Set down all of the entries precisely as they were written.

***** Exercise inputs *****

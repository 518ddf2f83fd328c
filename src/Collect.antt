-- ===== src/Collect.antt =====
-- internal/collect: scanning of log files.
pub mod State
pub mod Scan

*****

• Task solution:
repository 518ddf2f83fd328c
filename src/Collect.antt
-- ===== src/Collect.antt =====
-- internal/collect: scanning of log files.
pub mod State
pub mod Scan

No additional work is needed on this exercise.